But Gordon makes one observation that doesn’t translate to transit well.  In debates about what to build in a city, the classic meeting-dominating character, captured in this immortal McSweeney’s satire, is older, whiter, and more prosperous than the general population.

In my experience, this is true of debates about transit infrastructure, but not in debates about transit service.  When we are working on a redesign of a bus network, and the plan doesn’t have an obvious infrastructure impact, the vast majority of fortunate people just don’t care.  No matter how profoundly we are transforming access to opportunity in a city, most fortunate people, including most elected officials, only care if we propose to build something.  (I can’t begin to express how frustrating this is.)

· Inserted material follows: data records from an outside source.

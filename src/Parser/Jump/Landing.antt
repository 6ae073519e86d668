-- ===== src/Parser/Jump/Landing.antt =====
-- parse.c with vm.c: a jump that was fixed up, as the machine takes it.
use calx.Base.{
  ℕ, ◌+◌, ◌-◌, ◌%◌, ◌^◌, ◌≤◌, ◌<◌, ◌≡◌, ◌≢◌, refl, true, some, arith, length, get_elem?, set, ltb,
  get_elem?-set_self, get_elem?-set_ne, inl, inr, Bool-cases, List, [], ◌∷◌, zero, suc,
}
use mathlib.Core.Option
use calx.Parser.Jump.{jump_offset, is_jump, fixup_jump}
use calx.Parser.State.{TaggedInstr, Parser, parsed, ◌>>=◌, pure, gets, modify, at}
use calx.Vm.Step.{jump}

jump-jump_offset :
    (from to : ℕ) → to < from + 2 ^ 31 → from ≤ to + 2 ^ 31 → jump from (jump_offset from to) ≡ to
unfolding jump jump_offset
jump-jump_offset from to far back =
    elim (Bool-cases (ltb ((to + 2 ^ 64 - from) % 2 ^ 32) (2 ^ 31))) [
      | inl e ↦ rw e (ground arith)
      | inr e ↦ rw e (ground arith)
    ]

-- the instruction at `from` is the same jump, and the machine jumps from there to `to`
pub record Lands (from to : ℕ) (ti : TaggedInstr) (p p' : Parser) : Type 0 where
  pub there : TaggedInstr
  pub at : get_elem? p'.prog from ≡ some there
  pub opcode : there.instr.opcode ≡ ti.instr.opcode
  pub line : there.line ≡ ti.line
  pub lands : jump from there.instr.c ≡ to
  pub others : (j : ℕ) → from ≢ j → get_elem? p'.prog j ≡ get_elem? p.prog j

get_elem?-lt {ℓ} :
    {A : Type ℓ} (xs : List A) (i : ℕ) (a : A) → get_elem? xs i ≡ some a → i < length xs
get_elem?-lt [] i a h = absurd (Option.none-ne-some a h)
get_elem?-lt (x ∷ xs) zero a h = omega arith
get_elem?-lt (x ∷ xs) (suc i) a h = omega (arith, get_elem?-lt xs i a h)

-- A jump instruction that fixup_jump has fixed up leads the machine to the target, if that is less than
-- 2 ^ 31 instructions ahead or at most 2 ^ 31 back; the other instructions stay as they are.
pub fixup_jump-Lands :
    (p : Parser) (from to : ℕ) (ti : TaggedInstr)
    → get_elem? p.prog from ≡ some ti
    → is_jump ti.instr.opcode ≡ true
    → to < from + 2 ^ 31
    → from ≤ to + 2 ^ 31
    → (p' : Parser) × (fixup_jump from to p ≡ parsed tt p') × Lands from to ti p p'
unfolding fixup_jump ◌>>=◌ pure gets modify at
fixup_jump-Lands p from to ti e j far back =
    let ti' : TaggedInstr = record ti { instr = record ti.instr { c = jump_offset from to } } in
    let h = get_elem?-lt p.prog from ti e in
    (
      record p { prog = set p.prog from ti' },
      rw (e, j) refl,
      record {
        there = ti';
        at = get_elem?-set_self p.prog from ti' h;
        opcode = refl;
        line = refl;
        lands = jump-jump_offset from to far back;
        others = λ k ne. get_elem?-set_ne p.prog ti' ne;
      },
    )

So the public meeting on a transit network redesign tends to be dominated by current users of the bus service.  These folks are not whiter or wealthier than the general population.  Many depend on the bus service.  Now they have been told that their bus route may change, sometimes by people spreading incomplete information.  They’re used to their route as it is, so they assume any change is bad.  So they make the considerable sacrifices needed to go to a public meeting and speak up.  And like many people with their backs against the wall, they often scream.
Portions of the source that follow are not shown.